But it was no laughing matter. They exchanged their observations on the black market of unofficial truth, Fred contributing comments on the customs prevailing in India, where he had done low-level Japanese code-breaking, and Alan speaking of the war as a sexual desert (‘You didn’t miss anything’) except for the incident while in America. It then transpired that Alan had expected this holiday to hold something for him in that direction, which came as a shock to Fred, who explained that he was going to get married.

Picking up the German threads after the war, Fred had entered into a warm correspondence with the sister of the two boys on whom
The Cloven Pine
was mainly based. It was she whom Fred intended to marry. It was an odd coincidence that one day, out on the water, Alan caught sight of a passing boat and said Oh, that’s rather awkward, it’s Martin Clarke’s sister, we were engaged.’ Joan recognised Alan, and waved and smiled. (She had seen him a few months before at the LMS lecture.) But they did not meet. Alan told Fred of the broken engagement. Fred was left confused by his rejection of Alan whom, however, he did not find at all attractive. He and Alan talked about their respective decisions, ‘freedom and consistency of mind’ was not so easy for his friend, but Alan was now quite clear as to where he stood.

On 30 September 1947 Alan resumed his King’s fellowship,
*
after a break of just under eight years from 2 October 1939. Because of the 1944 renewal, it was set to run until 13 March 1952. He was thirty-five, but could have, for not
wearing a gown after dark. He had been taken for an undergraduate, and his youthfulness surely accentuated what was something of a return to the life of the past. In certain ways, of course, Cambridge had changed. Most students were in their mid-twenties, and had arrived after some years of service life rather than with the artificial immaturity of public schools. It was a more personally ambitious, less politically conscious Cambridge than that of the 1930s. But no one spoke of the war, which was fading like a dream, and it would take more than the war to change the special character of Kings.

One friend immediately stood out from the rest. Robin Gandy had taken Part III of the Mathematical Tripos that summer, and was now working in theoretical physics towards a fellowship. Soon after term began, Robin called on Alan and asked if he could borrow his copy of Eisenhart’s book on continuous groups. Alan took it off the shelf, and out fluttered a newspaper picture of a rank of pageboys at Princess Elizabeth’s wedding. There was someone else in the room, probably Robin’s physicist friend Keith Roberts, and Alan only said darkly ‘You’ll find nice
pages
like that in my books.’ But next morning, Alan said to him, ‘We know each other quite well now …I might as well tell you that I am a homosexual.’ Robin’s own personality was different, but he was someone who like Alan cared that (as Carpenter had put it)
46

 

men shall learn to accept one another simply and without complaint …honour the free immeasurable gift of their own personality, delight in it and bask in it without false shames and affectations.
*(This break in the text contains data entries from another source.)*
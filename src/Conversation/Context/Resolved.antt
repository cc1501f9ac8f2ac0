-- ===== src/Conversation/Context/Resolved.antt =====
-- What a typed reply resolves: src/inbound/conversation_state.rs, from track_context to resolve_reply.
use Prim.Native.String.{String}
use geodineum_comms.Prelude.{
  ℕ, ◌+◌, ◌≡◌, refl, Bool, true, false, Option, none, some, List, [], ◌∷◌, any, ◌==◌, eq_iff,
  eq_refl, arith, ap, sym, ◌∙◌, ◌<◌,
}
use geodineum_comms.Prelude.Dict.{Dict, lookup, insert, remove, lookup-insert, lookup-remove}
use geodineum_comms.Prelude.Chars.{trim}
use geodineum_comms.Errors.{valkey, ok, err}
use geodineum_comms.Conversation.{
  Chats, Clock, Codec, Reached, ContextResolution, context_ttl_secs, ctx_key, active_ctx_key,
  hgetall, hset, expire, insert_all,
}
use geodineum_comms.Conversation.Context.{
  context_fields, tracked, track_context, live_context, is_option, resolution_of, resolve_in,
  resolve_reply,
}

-- what a chat's last context is, as far as it is still known
abbrev pub pointer : Clock → String → String → Chats → Option String
pointer c site_id chat_id s = live_context c.now (lookup (active_ctx_key site_id chat_id) s.active)

no_pointer :
    (c : Clock) (j : Codec) (r : Reached) (chat_id site_id reply_text : String) (s : Chats)
    → r.get ≡ true
    → lookup (active_ctx_key site_id chat_id) s.active ≡ none
    → resolve_reply c j r chat_id site_id reply_text s ≡ (s, ok none)
unfolding resolve_reply
no_pointer c j r chat_id site_id reply_text s g h = simp (g, h) refl

-- What a resolved reply was resolved by.
pub record IsResolved (c : Clock) (j : Codec) (site_id chat_id reply_text : String) (s : Chats)
    (found : ContextResolution) (t : Chats) : Type 0 where
  pub of_chat : pointer c site_id chat_id s ≡ some found.context_id
  pub of_context :
      found
      ≡ resolution_of j
          (hgetall c.now (ctx_key site_id found.context_id) s)
          found.context_id
          reply_text
  pub is_offered :
      is_option j (hgetall c.now (ctx_key site_id found.context_id) s) reply_text ≡ true
  pub cleared : t ≡ record s { active = remove (active_ctx_key site_id chat_id) s.active }

resolve_in_lem :
    (j : Codec) (r : Reached) (active_key context_id reply_text : String) (fields : Dict String)
    (s : Chats) (found : ContextResolution)
    → (resolve_in j r active_key context_id reply_text fields s).1 ≡ ok (some found)
    → (found ≡ resolution_of j fields context_id reply_text)
      × (is_option j fields reply_text ≡ true)
      × ((resolve_in j r active_key context_id reply_text fields s).0
          ≡ record s { active = remove active_key s.active })
resolve_in_lem j r active_key context_id reply_text [] s found h = ground arith
resolve_in_lem j r active_key context_id reply_text (field ∷ fields) s found h = ground arith

-- A reply is resolved only by the last alert of its chat, if that is still known and offers it, to the
-- component and the stream of that alert; then the chat has no alert any more, and nothing else changes.
pub resolve_reply-IsResolved :
    (c : Clock) (j : Codec) (r : Reached) (chat_id site_id reply_text : String) (s : Chats)
    (found : ContextResolution)
    → (resolve_reply c j r chat_id site_id reply_text s).1 ≡ ok (some found)
    → IsResolved c j site_id chat_id reply_text s found
        (resolve_reply c j r chat_id site_id reply_text s).0
unfolding resolve_reply
resolve_reply-IsResolved c j r chat_id site_id reply_text s found h =
    by_calls r.get r.hgetall refl refl _ refl
  where
    by_calls :
        (g f : Bool)
        → r.get ≡ g
        → r.hgetall ≡ f
        → (o : Option String) → pointer c site_id chat_id s ≡ o
        → IsResolved c j site_id chat_id reply_text s found
            (resolve_reply c j r chat_id site_id reply_text s).0
    by_calls false f eg ef o eo = absurd (refused (rw eg at h))
      where
        refused : err (valkey r.failure) ≡ ok (some found) → ⊥
        refused q = cc
    by_calls true f eg ef none eo = absurd (refused (simp (eg, eo) at h))
      where
        refused : ok none ≡ ok (some found) → ⊥
        refused q = cc
    by_calls true false eg ef (some id) eo = absurd (refused (simp (eg, eo, ef) at h))
      where
        refused : err (valkey r.failure) ≡ ok (some found) → ⊥
        refused q = cc
    by_calls true true eg ef (some id) eo =
        let (q, k, t) =
          resolve_in_lem j r (active_ctx_key site_id chat_id) id reply_text _ s found
            (simp (eg, eo, ef) at h) in
        simp (eg, eo, ef)
          (record {
            of_chat = eo ∙ ap some (sym (ap (λ x. x.context_id) q));
            of_context = simp (ap (λ x. x.context_id) q) q;
            is_offered = simp (ap (λ x. x.context_id) q) k;
            cleared = t;
          })

-- Once a reply was resolved, no reply of its chat is resolved again, at any time, until another alert
-- is tracked for the chat.
pub resolve_reply_once :
    (c later : Clock) (j : Codec) (r again : Reached) (chat_id site_id reply_text other : String)
    (s : Chats) (found : ContextResolution)
    → (resolve_reply c j r chat_id site_id reply_text s).1 ≡ ok (some found)
    → again.get ≡ true
    → (resolve_reply later j again chat_id site_id other
        (resolve_reply c j r chat_id site_id reply_text s).0).1
      ≡ ok none
resolve_reply_once c later j r again chat_id site_id reply_text other s found h g =
    ap (λ x. x.1) (no_pointer later j again chat_id site_id other _ g gone)
  where
    gone :
        lookup
          (active_ctx_key site_id chat_id)
          (resolve_reply c j r chat_id site_id reply_text s).0.active
        ≡ none
    gone = rw ((resolve_reply-IsResolved c j r chat_id site_id reply_text s found h).cleared) (
        rw
          (lookup-remove (active_ctx_key site_id chat_id) (active_ctx_key site_id chat_id) s.active)
          (ground
            (arith, eq_iff (active_ctx_key site_id chat_id) (active_ctx_key site_id chat_id))))

tracked_hash :
    (c later : Clock) (key : String) (values : List (String × String)) (s : Chats)
    → later.now < c.now + context_ttl_secs
    → hgetall later.now key (expire c.now key context_ttl_secs (hset c.now key values s))
      ≡ insert_all values (hgetall c.now key s)
unfolding hgetall expire hset
tracked_hash c later key values s h = simp (lookup-insert, eq_refl key) (ground (arith, h))

resolve_in_found :
    (j : Codec) (r : Reached) (active_key context_id reply_text value : String)
    (fields : Dict String) (s : Chats)
    → r.del ≡ true
    → lookup "component" fields ≡ some value
    → is_option j fields reply_text ≡ true
    → (resolve_in j r active_key context_id reply_text fields s).1
      ≡ ok (some (resolution_of j fields context_id reply_text))
unfolding lookup
resolve_in_found j r active_key context_id reply_text value [] s d l o = ground arith
resolve_in_found j r active_key context_id reply_text value (field ∷ fields) s d l o =
    simp (o, d) refl

module _ (c : Clock) (j : Codec) (component : String) (reply_options : List String)
    (callback_stream original_message_id : String) (fields : Dict String) where
  abbrev tracked_fields : Dict String
  tracked_fields =
      insert_all (context_fields c j component reply_options callback_stream original_message_id)
        fields

  tracked_component : lookup "component" tracked_fields ≡ some component
  unfolding insert_all
  tracked_component = simp lookup-insert refl

  tracked_options : lookup "reply_options" tracked_fields ≡ some (j.encode reply_options)
  unfolding insert_all
  tracked_options = simp lookup-insert refl

  tracked_stream : lookup "callback_stream" tracked_fields ≡ some callback_stream
  unfolding insert_all
  tracked_stream = simp lookup-insert refl

tracked_pointer :
    (now : ℕ) (key context_id : String) (t : ℕ) (m : Dict (String × ℕ))
    → now < t
    → live_context now (lookup key (insert key (context_id, t) m)) ≡ some context_id
tracked_pointer now key context_id t m h = simp (lookup-insert, eq_refl key) (ground (arith, h))

resolve_reply_in :
    (c : Clock) (j : Codec) (r : Reached) (chat_id site_id reply_text context_id : String)
    (s : Chats)
    → r.get ≡ true
    → r.hgetall ≡ true
    → pointer c site_id chat_id s ≡ some context_id
    → resolve_reply c j r chat_id site_id reply_text s
      ≡ resolve_in j r
          (active_ctx_key site_id chat_id)
          context_id
          reply_text
          (hgetall c.now (ctx_key site_id context_id) s)
          s
unfolding resolve_reply
resolve_reply_in c j r chat_id site_id reply_text context_id s g a p = simp (g, p, a) refl

resolve_reply-tracked :
    (c later : Clock) (j : Codec) (again : Reached) (site_id chat_id context_id component : String)
    (reply_options : List String) (callback_stream original_message_id reply_text : String)
    (s : Chats)
    → again.get ≡ true
    → again.hgetall ≡ true
    → again.del ≡ true
    → j.decode (j.encode reply_options) ≡ some reply_options
    → any (λ opt. j.to_uppercase opt == j.to_uppercase (trim reply_text)) reply_options ≡ true
    → later.now < c.now + context_ttl_secs
    → (resolve_reply later j again chat_id site_id reply_text (
        tracked c j site_id chat_id context_id component reply_options callback_stream
          original_message_id s)).1
      ≡ ok (
          some (record {
            context_id = context_id;
            component = component;
            command = j.to_uppercase (trim reply_text);
            callback_stream = callback_stream;
          }))
unfolding is_option expire hgetall
resolve_reply-tracked c later j again site_id chat_id context_id component reply_options
      callback_stream original_message_id reply_text s g a d e o t =
    let t' =
      tracked c j site_id chat_id context_id component reply_options callback_stream
        original_message_id s in
    let before = hgetall c.now (ctx_key site_id context_id) s in
    let l =
      tracked_component c j component reply_options callback_stream original_message_id before in
    let k =
      tracked_options c j component reply_options callback_stream original_message_id before in
    let m = tracked_stream c j component reply_options callback_stream original_message_id before in
    ap (λ x. x.1)
      (resolve_reply_in later j again chat_id site_id reply_text context_id t' g a (
        tracked_pointer later.now (active_ctx_key site_id chat_id) context_id
          (c.now + context_ttl_secs) s.active t))
    ∙ (ap
          (λ fields.
            (resolve_in j again (active_ctx_key site_id chat_id) context_id reply_text fields t').1)
          (tracked_hash c later (ctx_key site_id context_id)
            (context_fields c j component reply_options callback_stream original_message_id) s t)
        ∙ (resolve_in_found j again (active_ctx_key site_id chat_id) context_id reply_text component
              _ t' d l (simp (k, e) o)
            ∙ simp (l, m) refl))

-- A reply among the options of an alert is resolved to the alert's component and stream, for a day.
pub resolve_reply-track_context :
    (c later : Clock) (j : Codec) (r again : Reached)
    (site_id chat_id context_id component : String) (reply_options : List String)
    (callback_stream original_message_id reply_text : String) (s : Chats)
    → r.write ≡ true
    → again.get ≡ true
    → again.hgetall ≡ true
    → again.del ≡ true
    → j.decode (j.encode reply_options) ≡ some reply_options
    → any (λ opt. j.to_uppercase opt == j.to_uppercase (trim reply_text)) reply_options ≡ true
    → later.now < c.now + context_ttl_secs
    → (resolve_reply later j again chat_id site_id reply_text
        (track_context c j r site_id chat_id context_id component reply_options callback_stream
          original_message_id s).0).1
      ≡ ok (
          some (record {
            context_id = context_id;
            component = component;
            command = j.to_uppercase (trim reply_text);
            callback_stream = callback_stream;
          }))
unfolding track_context
resolve_reply-track_context c later j r again site_id chat_id context_id component reply_options
      callback_stream original_message_id reply_text s w g a d e o t =
    rw w (
      resolve_reply-tracked c later j again site_id chat_id context_id component reply_options
        callback_stream original_message_id reply_text s g a d e o t)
and he was pleased that Alan had chosen to tell him. It was very different from the sticky moment with Don Bayley. Robin was rather surprised that Alan was so forthright, for if obliged to give an opinion at Hanslope, he would have said that Alan did seem to be more drawn towards men, but that he was probably too shy and inhibited to do anything about it. The truth made Alan less austere and more fun. Alan in turn was very pleased that Robin should understand him so well, and with that out of the way, there was nothing (except Bletchley Park) that they could not talk about, whether of science or gossip.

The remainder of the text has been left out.